Power Plant Moratorium to Be Considered Tonight

If approved, the moratorium would most affect the application to rebuild the AES Redondo Beach Generating Station.

FILE PHOTO: AES Redondo Beach power plant. Photo credit John Schreiber.
FILE PHOTO: AES Redondo Beach power plant. Photo credit John Schreiber.

The Redondo Beach City Council will conduct a public hearing Tuesday night about a proposed temporary moratorium on building power generating facilities in the coastal zone—a move intended as an early step to prevent AES Redondo Beach from rebuilding its facility on Harbor Drive.

The hearing will occur during the regular City Council meeting, which begins at 6 p.m. in council chambers, located at 415 Diamond St. in South Redondo Beach.

The proposed moratorium would prevent the approval of permits relating to the construction, modification or alteration of any power generating facilities within the Coastal Zone. 

A moratorium is a step toward creating a conflict between local zoning and the application to rebuild a power plant. This conflict, if executed properly, would force the California Energy Commission to perform an analysis to determine if power from a proposed power plant is necessary before approving the application.

The current AES Redondo Beach Generating Station must be retired, rebuilt, retrofitted or receive a special exemption to continue operating past 2020 due to a ban on once-through cooling, where ocean water is used to cool the superheated steam that spins the turbines.

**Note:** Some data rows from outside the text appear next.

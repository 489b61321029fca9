-- ===== src/Stellar/Selection/Greedy.antt =====
-- The sort and the loop of two records against a search through all records and all pairs
-- (packages/stellar/src/adapters/record-selection.ts).
use Prim.Native.Nat.{Ordering}
use privacy_layer_confidenti.Base.{
  ◌≡◌, refl, ap, sym, ◌∙◌, inl, inr, Bool, true, false, String, List, [], ◌∷◌, All, Bool-cases,
  Option, none, some, arith,
}
use privacy_layer_confidenti.Core.Operations.{Attempt, answered, raised, Action}
use privacy_layer_confidenti.Stellar.Int.{ℤ, pos, ◌+ℤ◌, ◌≤ℤ◌, leb_ℤ, int_arith}
use privacy_layer_confidenti.Stellar.Effects.{attempt_then, ◌>>=◌, lift}
use privacy_layer_confidenti.Stellar.Records.{PrivateRecord, RecordFilter, StellarIntent}
use privacy_layer_confidenti.Stellar.Selection.Arranged.{
  worth, Readable, covered_by_one, covered_by_two, is_covered, IsBelow, IsDescending, Arranged,
  sort-Arranged,
}
use privacy_layer_confidenti.Stellar.Selection.{
  pick_from, pick_records_for_spend_amount, select_private_records, spend_filter, unconsumed,
  spend_amount_covering_protocol_fee, pick_available, available_records,
}

leb_ℤ-false : (amount x y : ℤ) → x ≤ℤ y → leb_ℤ amount y ≡ false → leb_ℤ amount x ≡ false
leb_ℤ-false amount x y h e = ground arith

-- In descending order the first record decides for one, and the first two for two.
covered_by_one-below :
    (amount base top : ℤ) (rs : List PrivateRecord)
    → IsBelow top rs
    → leb_ℤ amount (base +ℤ top) ≡ false
    → covered_by_one amount base rs ≡ false
covered_by_one-below amount base top [] b h = refl
covered_by_one-below amount base top (r ∷ rs) b h =
    rw (leb_ℤ-false amount (base +ℤ worth r) (base +ℤ top) (omega (int_arith, b.0)) h)
      (covered_by_one-below amount base top rs b.1 h)

covered_by_two-below :
    (amount low top : ℤ) (rs : List PrivateRecord)
    → low ≤ℤ top
    → IsBelow low rs
    → IsDescending rs
    → leb_ℤ amount (top +ℤ low) ≡ false
    → covered_by_two amount rs ≡ false
covered_by_two-below amount low top [] l b d h = refl
covered_by_two-below amount low top (r ∷ rs) l b d h =
    rw
      (covered_by_one-below amount (worth r) (worth r) rs d.0
        (leb_ℤ-false amount (worth r +ℤ worth r) (top +ℤ low) (omega (int_arith, b.0)) h))
      (covered_by_two-below amount low top rs l b.1 d.1 h)

covered_by_one-first :
    (amount base : ℤ) (r : PrivateRecord) (rs : List PrivateRecord)
    → IsBelow (worth r) rs
    → covered_by_one amount base (r ∷ rs) ≡ leb_ℤ amount (base +ℤ worth r)
covered_by_one-first amount base r rs b = elim (Bool-cases (leb_ℤ amount (base +ℤ worth r))) [
  | inl enough ↦ rw enough refl
  | inr short ↦ rw (short, covered_by_one-below amount base (worth r) rs b short) refl
]

is_covered-short :
    (amount : ℤ) (x y : PrivateRecord) (rs : List PrivateRecord)
    → IsDescending (x ∷ y ∷ rs)
    → leb_ℤ amount (pos 0 +ℤ worth x) ≡ false
    → is_covered amount (x ∷ y ∷ rs) ≡ leb_ℤ amount (worth x +ℤ worth y)
is_covered-short amount x y rs d short = elim (Bool-cases (leb_ℤ amount (worth x +ℤ worth y))) [
  | inl pair ↦
      rw
        (
          covered_by_one-first amount (pos 0) x (y ∷ rs) d.0,
          short,
          covered_by_one-first amount (worth x) y rs d.1.0,
          pair,
        )
        refl
  | inr neither ↦
      rw
        (
          covered_by_one-first amount (pos 0) x (y ∷ rs) d.0,
          short,
          covered_by_one-first amount (worth x) y rs d.1.0,
          neither,
          covered_by_two-below amount (worth y) (worth x) (y ∷ rs) d.0.0 (omega arith, d.1.0) d.1
              neither,
        )
        refl
]

-- The loop over a descending list answers exactly if one or two of its records are worth the amount.
abbrev pub has_answered : Attempt (List PrivateRecord) → Bool
has_answered (answered rs) = true
has_answered (raised e) = false

pick_two :
    (amount : ℤ) (x y : PrivateRecord) (rs : List PrivateRecord)
    → All Readable (x ∷ y ∷ rs)
    → leb_ℤ amount (pos 0 +ℤ worth x) ≡ false
    → has_answered (pick_records_for_spend_amount (x ∷ y ∷ rs) amount)
      ≡ leb_ℤ amount (worth x +ℤ worth y)
unfolding pick_from
pick_two amount x y rs h short =
    let same : (pos 0 +ℤ worth x) +ℤ worth y ≡ worth x +ℤ worth y = omega int_arith in
    elim (Bool-cases (leb_ℤ amount (worth x +ℤ worth y))) [
      | inl pair ↦ rw (h.0, attempt_then, short, h.1.0, attempt_then, same, pair) refl
      | inr neither ↦ rw (h.0, attempt_then, short, h.1.0, attempt_then, same, neither) refl
    ]

pick-is_covered :
    (amount : ℤ) (rs : List PrivateRecord)
    → All Readable rs
    → IsDescending rs
    → has_answered (pick_records_for_spend_amount rs amount) ≡ is_covered amount rs
unfolding pick_from
pick-is_covered amount [] h d = refl
pick-is_covered amount (x ∷ []) h d = elim (Bool-cases (leb_ℤ amount (pos 0 +ℤ worth x))) [
  | inl enough ↦ rw (h.0, attempt_then, enough) refl
  | inr short ↦ rw (h.0, attempt_then, short) refl
]
pick-is_covered amount (x ∷ y ∷ rs) h d = elim (Bool-cases (leb_ℤ amount (pos 0 +ℤ worth x))) [
  | inl enough ↦ rw (h.0, attempt_then, enough) refl
  | inr short ↦ pick_two amount x y rs h short ∙ sym (is_covered-short amount x y rs d short)
]

after_sort :
    {W : Type 0} (key : Option String) (amount : ℤ) (rs : List PrivateRecord) (w : W)
    → ((available_records key none rs >>= λ available. lift (pick_available amount available)) w).0
      ≡ pick_available amount rs
after_sort none amount rs w = refl
after_sort (some key) amount rs w = refl

pick_available-is_covered :
    (amount : ℤ) (rs : List PrivateRecord)
    → All Readable rs
    → IsDescending rs
    → has_answered (pick_available amount rs)
      ≡ is_covered (spend_amount_covering_protocol_fee amount) rs
pick_available-is_covered amount [] h d = refl
pick_available-is_covered amount (r ∷ rs) h d =
    pick-is_covered (spend_amount_covering_protocol_fee amount) (r ∷ rs) h d

is_covered-Arranged :
    (amount : ℤ) (rs out : List PrivateRecord)
    → Arranged rs out
    → is_covered amount out ≡ is_covered amount rs
is_covered-Arranged amount rs out a = rw (a.ones amount (pos 0), a.twos amount) refl

module _ {W : Type 0} (locale_compare : String → String → Ordering)
    (list_private_records : RecordFilter → Action W (List PrivateRecord)) where
  -- Without a nullifier check, where storage answers and the amounts of the records that it lists as
  -- not consumed can be read, the selection answers exactly if one of these records, or two of them,
  -- are worth the intent's amount with the protocol's fee.
  pub select_private_records-is_covered :
      (intent : StellarIntent) (key : Option String) (w w' : W) (records : List PrivateRecord)
      → list_private_records (spend_filter intent) w ≡ (answered records, w')
      → All Readable (unconsumed records)
      → has_answered
          (select_private_records locale_compare list_private_records intent key none w).0
        ≡ is_covered (spend_amount_covering_protocol_fee intent.amount) (unconsumed records)
  unfolding select_private_records
  select_private_records-is_covered intent key w w' records listed readable =
      let (out, sorted, a) = sort-Arranged locale_compare (unconsumed records) readable in
      rw (listed, sorted)
        (ap has_answered (after_sort key intent.amount out w')
          ∙ pick_available-is_covered intent.amount out a.readable a.descending
          ∙ is_covered-Arranged _ (unconsumed records) out a)
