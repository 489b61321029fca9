-- ===== src/Stellar/Tests.antt =====
-- Spending at concrete inputs: a storage of three records, and a wallet, an engine and a policy that
-- answer.
pub mod Executing
pub mod Waiting
pub mod Trees
use Prim.Native.Nat.{Ordering}
use privacy_layer_confidenti.Base.{
  ℕ, String, Bool, true, false, ◌≡◌, refl, Option, none, some, List, [], ◌∷◌, All, arith, ◌≤◌, ◌<◌,
  ◌+◌, ◌*◌,
}
use privacy_layer_confidenti.Js.Text.{trim, starts_with}
use privacy_layer_confidenti.Core.Errors.{
  transfer, withdraw, private_value, public_value, DisclosurePolicy,
}
use privacy_layer_confidenti.Core.Operations.{Attempt, answered, raised, Action}
use privacy_layer_confidenti.Stellar.Int.{ℤ, pos, ◌+ℤ◌, ◌-ℤ◌}
use privacy_layer_confidenti.Stellar.BigInt.{big_int}
use privacy_layer_confidenti.Stellar.Effects.{done}
use privacy_layer_confidenti.Stellar.Sort.{is_after, insert_by, sort_by}
use privacy_layer_confidenti.Stellar.Records.{PrivateRecord, StellarIntent}
use privacy_layer_confidenti.Stellar.Selection.{
  read_record_spend_amount, compare_records_for_spend_selection, pick_from, sum_from,
  select_private_records, spend_amount_covering_protocol_fee,
}
use privacy_layer_confidenti.Stellar.Selection.Arranged.{worth, is_covered}
use privacy_layer_confidenti.Stellar.Selection.Greedy.{
  has_answered, select_private_records-is_covered,
}
use privacy_layer_confidenti.Stellar.Outputs.{
  create_output_record, pending_output_record_id, with_change, recipient_output_owner,
  build_transfer_output_records, build_withdraw_output_records,
}
use privacy_layer_confidenti.Stellar.Outputs.Laws.{spend_amount_bounds}
use privacy_layer_confidenti.Stellar.Prepared.{StellarPreparedOperation}
use privacy_layer_confidenti.Stellar.Network.{
  NetworkDeps, transfer_draft, operation_draft, resolve_private_address_spend, assert_all_available,
  new_payload, spend_artifacts,
}
use privacy_layer_confidenti.Stellar.Network.Laws.{
  IsTransferDraft, IsWithdrawDraft, transfer_draft-IsTransferDraft, operation_draft-IsWithdrawDraft,
}

abbrev pub note_of : ℕ → PrivateRecord
note_of n = record {
  id = "note";
  owner = "GA";
  asset = "XLM";
  amount = pos n;
  consumed = false;
  status = none;
  pool_contract = none;
  commitment_hex = none;
  nullifier_hex = none;
  amount_display = none;
  delivery_id = none;
  private_address = some "stpl1a";
  tx_hash = none;
  coin_note = none;
  deposit_scalar_hex = none;
  precommitement_hex = none;
}

abbrev pub holdings : List PrivateRecord
holdings = note_of 50 ∷ note_of 10 ∷ note_of 60 ∷ []

abbrev pub all_private : DisclosurePolicy
all_private = record {
  sender_address = private_value;
  recipient_address = private_value;
  asset_address = private_value;
  amount = private_value;
}

abbrev all_public : DisclosurePolicy
all_public = record {
  sender_address = public_value;
  recipient_address = public_value;
  asset_address = public_value;
  amount = public_value;
}

abbrev spend_of : DisclosurePolicy → StellarIntent
spend_of disclosure = record {
  from = "stpl1a";
  to = "GB";
  asset = "XLM";
  amount = pos 100;
  disclosure = disclosure;
}

abbrev pub deps : NetworkDeps ℕ
deps = record {
  locale_compare = λ left right. Ordering.eq;
  storage = record {
    list_private_records = λ filter. done holdings;
    save_private_records = λ records. done tt;
    mark_private_records_used = λ records. done tt;
  };
  wallet = record { get_address = done "GA"; sign_transaction_payload = λ payload. done payload };
  engine = record {
    prepare = λ prepared. done prepared;
    submit = λ prepared payload. done (record { operation_id = "tx"; confirmed = true });
  };
  random_uuid = done "u1";
  check_nullifier_spent = none;
}

abbrev pub transfer_made : StellarPreparedOperation
transfer_made = record {
  kind = transfer;
  intent = spend_of all_private;
  consumed_records = note_of 60 ∷ note_of 50 ∷ [];
  output_records =
      create_output_record "GA" (some "GB") "XLM" (pos 100)
      ∷ create_output_record "GA" (some "stpl1a") "XLM" (pos 10)
      ∷ [];
  submission_payload = new_payload "u1";
  transact_artifacts = some spend_artifacts;
}

abbrev withdrawal_made : StellarPreparedOperation
withdrawal_made = record {
  kind = withdraw;
  intent = spend_of all_public;
  consumed_records = note_of 60 ∷ note_of 50 ∷ [];
  output_records = create_output_record "GA" (some "stpl1a") "XLM" (pos 10) ∷ [];
  submission_payload = new_payload "u1";
  transact_artifacts = none;
}

transfer_draft-made : (transfer_draft (spend_of all_private) deps 0).0 ≡ answered transfer_made
unfolding transfer_draft resolve_private_address_spend select_private_records
    compare_records_for_spend_selection read_record_spend_amount spend_amount_covering_protocol_fee
    pick_from sum_from insert_by sort_by is_after starts_with trim ◌+ℤ◌ ◌-ℤ◌
    build_transfer_output_records recipient_output_owner with_change
transfer_draft-made = refl

withdraw_draft-made :
    (operation_draft withdraw (spend_of all_public) deps 0).0 ≡ answered withdrawal_made
unfolding operation_draft select_private_records compare_records_for_spend_selection
    read_record_spend_amount spend_amount_covering_protocol_fee pick_from sum_from insert_by sort_by
    is_after starts_with trim ◌+ℤ◌ ◌-ℤ◌ build_withdraw_output_records with_change
withdraw_draft-made = refl

transfer_draft-IsTransferDraft_example : IsTransferDraft deps (spend_of all_private) transfer_made
transfer_draft-IsTransferDraft_example =
    transfer_draft-IsTransferDraft deps (spend_of all_private) 0 transfer_made transfer_draft-made

operation_draft-IsWithdrawDraft_example : IsWithdrawDraft deps (spend_of all_public) withdrawal_made
operation_draft-IsWithdrawDraft_example =
    operation_draft-IsWithdrawDraft deps (spend_of all_public) 0 withdrawal_made withdraw_draft-made

is_covered_example :
    has_answered
      (select_private_records deps.locale_compare deps.storage.list_private_records
        (spend_of all_private)
        none
        none
        0).0
    ≡ is_covered (spend_amount_covering_protocol_fee (pos 100)) holdings
unfolding worth read_record_spend_amount
is_covered_example =
    select_private_records-is_covered deps.locale_compare deps.storage.list_private_records
      (spend_of all_private) none 0 0 holdings refl (refl, (refl, (refl, tt)))
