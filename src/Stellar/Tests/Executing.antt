-- ===== src/Stellar/Tests/Executing.antt =====
-- An execution whose storage fails, a policy that is asked, and balances, at concrete inputs.
use Prim.Native.Nat.{Ordering}
use privacy_layer_confidenti.Base.{ℕ, String, true, false, ◌≡◌, refl, Option, some, [], ◌∷◌}
use privacy_layer_confidenti.Js.Value.{nan, bigint}
use privacy_layer_confidenti.Core.Errors.{transfer, OperationIntent}
use privacy_layer_confidenti.Core.Operations.{answered, create_prepared_operation}
use privacy_layer_confidenti.Core.Prepare.{
  PrivacyClientAdapters, NetworkAdapter, prepare_privacy_operation,
}
use privacy_layer_confidenti.Stellar.Int.{pos, ◌+ℤ◌}
use privacy_layer_confidenti.Stellar.Effects.{done, throw, error_object}
use privacy_layer_confidenti.Stellar.Sort.{is_after, insert_by, sort_by}
use privacy_layer_confidenti.Stellar.Records.{spent}
use privacy_layer_confidenti.Stellar.Execution.{ExecutionPorts, submit_prepared_operation}
use privacy_layer_confidenti.Stellar.Execution.Phases.{Phase, idle, journaled}
use privacy_layer_confidenti.Stellar.Execution.Order.{Ended, submit_prepared_operation-Ended}
use privacy_layer_confidenti.Stellar.Policy.{
  create_stellar_policy_adapter, run_external_policy, Inspection, validate_stellar,
  validate_stellar_disclosure,
}
use privacy_layer_confidenti.Stellar.Policy.Rules.{
  IsDisclosable, prepare_privacy_operation-IsDisclosable,
}
use privacy_layer_confidenti.Stellar.Balances.{
  PrivateAssetRow, add_to_rows, rows_from, aggregate_private_asset_rows, balance_in, with_status,
}
use privacy_layer_confidenti.Stellar.Balances.Laws.{
  sum_of_rows, aggregate_private_asset_rows-balance, balance_in-with_status,
}
use privacy_layer_confidenti.Stellar.Upsert.{without_ids}
use privacy_layer_confidenti.Stellar.Tests.{transfer_made, all_private, holdings}

-- The storage saves, but does not mark.
abbrev failing_ports : ExecutionPorts ℕ
failing_ports = record {
  create_operation_event_id = done "e1";
  on_event = λ event. done tt;
  aborted = done false;
  sign_transaction_payload = λ payload. done payload;
  submit = λ prepared payload. done (record { operation_id = "tx"; confirmed = true });
  save_private_records = λ records. done tt;
  mark_private_records_used = λ records. throw (error_object "full");
}

submit_prepared_operation-Ended_example :
    (q : Phase) × ((submit_prepared_operation
        (journaled failing_ports)
        transfer_made
        (some idle, 0)).1.0
      ≡ some q)
    × Ended failing_ports transfer_made
        (submit_prepared_operation (journaled failing_ports) transfer_made (some idle, 0)).0
        q
submit_prepared_operation-Ended_example =
    submit_prepared_operation-Ended failing_ports transfer_made 0

abbrev inspection : Option (Inspection ℕ)
inspection = some (λ kind intent. done tt)

abbrev intent : OperationIntent String String
intent = record {
  from = "stpl1a";
  to = "GB";
  asset = "XLM";
  amount = bigint false 100;
  disclosure = all_private;
}

abbrev network : NetworkAdapter ℕ String String String String String
network = record {
  prepare_deposit = λ intent. done "prepared";
  prepare_transfer = λ intent. done "prepared";
  prepare_withdraw = λ intent. done "prepared";
  submit = λ prepared options. done prepared;
}

abbrev adapters : PrivacyClientAdapters ℕ String String String String String
adapters = record {
  has_wallet = true;
  has_storage = true;
  network_adapter = some network;
  policy_adapter = some (create_stellar_policy_adapter inspection);
}

disclosable_example :
    IsDisclosable transfer intent.disclosure
    × (w₁ : ℕ) × (run_external_policy transfer intent inspection 0 ≡ (answered [], w₁))
unfolding prepare_privacy_operation validate_stellar validate_stellar_disclosure
disclosable_example =
    prepare_privacy_operation-IsDisclosable inspection transfer intent adapters 0
      {op = create_prepared_operation transfer intent "prepared" (network.submit "prepared")} refl
      refl

abbrev row : PrivateAssetRow
row = record {
  asset_id = "XLM";
  pool_contract = "";
  total_amount = pos 120;
  total_amount_display = nan;
}

rows_example : sum_of_rows "XLM" (row ∷ []) ≡ balance_in "GA" "XLM" holdings
unfolding aggregate_private_asset_rows rows_from add_to_rows sort_by insert_by is_after ◌+ℤ◌
rows_example =
    aggregate_private_asset_rows-balance (λ a b. nan) (λ n. nan) (λ left right. Ordering.eq)
      holdings "GA" "XLM" (row ∷ []) refl

marked_example :
    balance_in "GA" "XLM" (with_status ("note" ∷ []) spent holdings)
    ≡ balance_in "GA" "XLM" (without_ids ("note" ∷ []) holdings)
marked_example = balance_in-with_status "GA" "XLM" ("note" ∷ []) holdings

The new power plant, which would have less than half the generation capacity as the current one, would take up about 10 1/2 acres of the existing 50-acre site. If the plant is approved, construction and demolition of the old plant will begin in January 2016 and end by December 2020. 

The city of Redondo Beach unanimously voted to oppose the construction of a new power plant earlier this year.

Opponents of the new plant claim the power plant will pollute more than the previous one because it will run more often. They also say it will continue to depress property values in the area. 

Supporters of the plant argue that the power produced by the plant will be necessary in the future, and that the new plant would have a smaller footprint and free up land for other purposes.

On Tuesday night, the Redondo Beach City Council will also discuss funding for its intervenor activities in the California Energy Commission's application process for a new power plant on Harbor Drive.

Mike Syi December 03, 2013 at 08:42 PM
The way I see it that there is only upside for the city to tell AES no power plant. They want to burn tons of fuel in our city, make lots of cash and pay little taxes. Mr. Mayor time for Redondo Beach to play hard ball!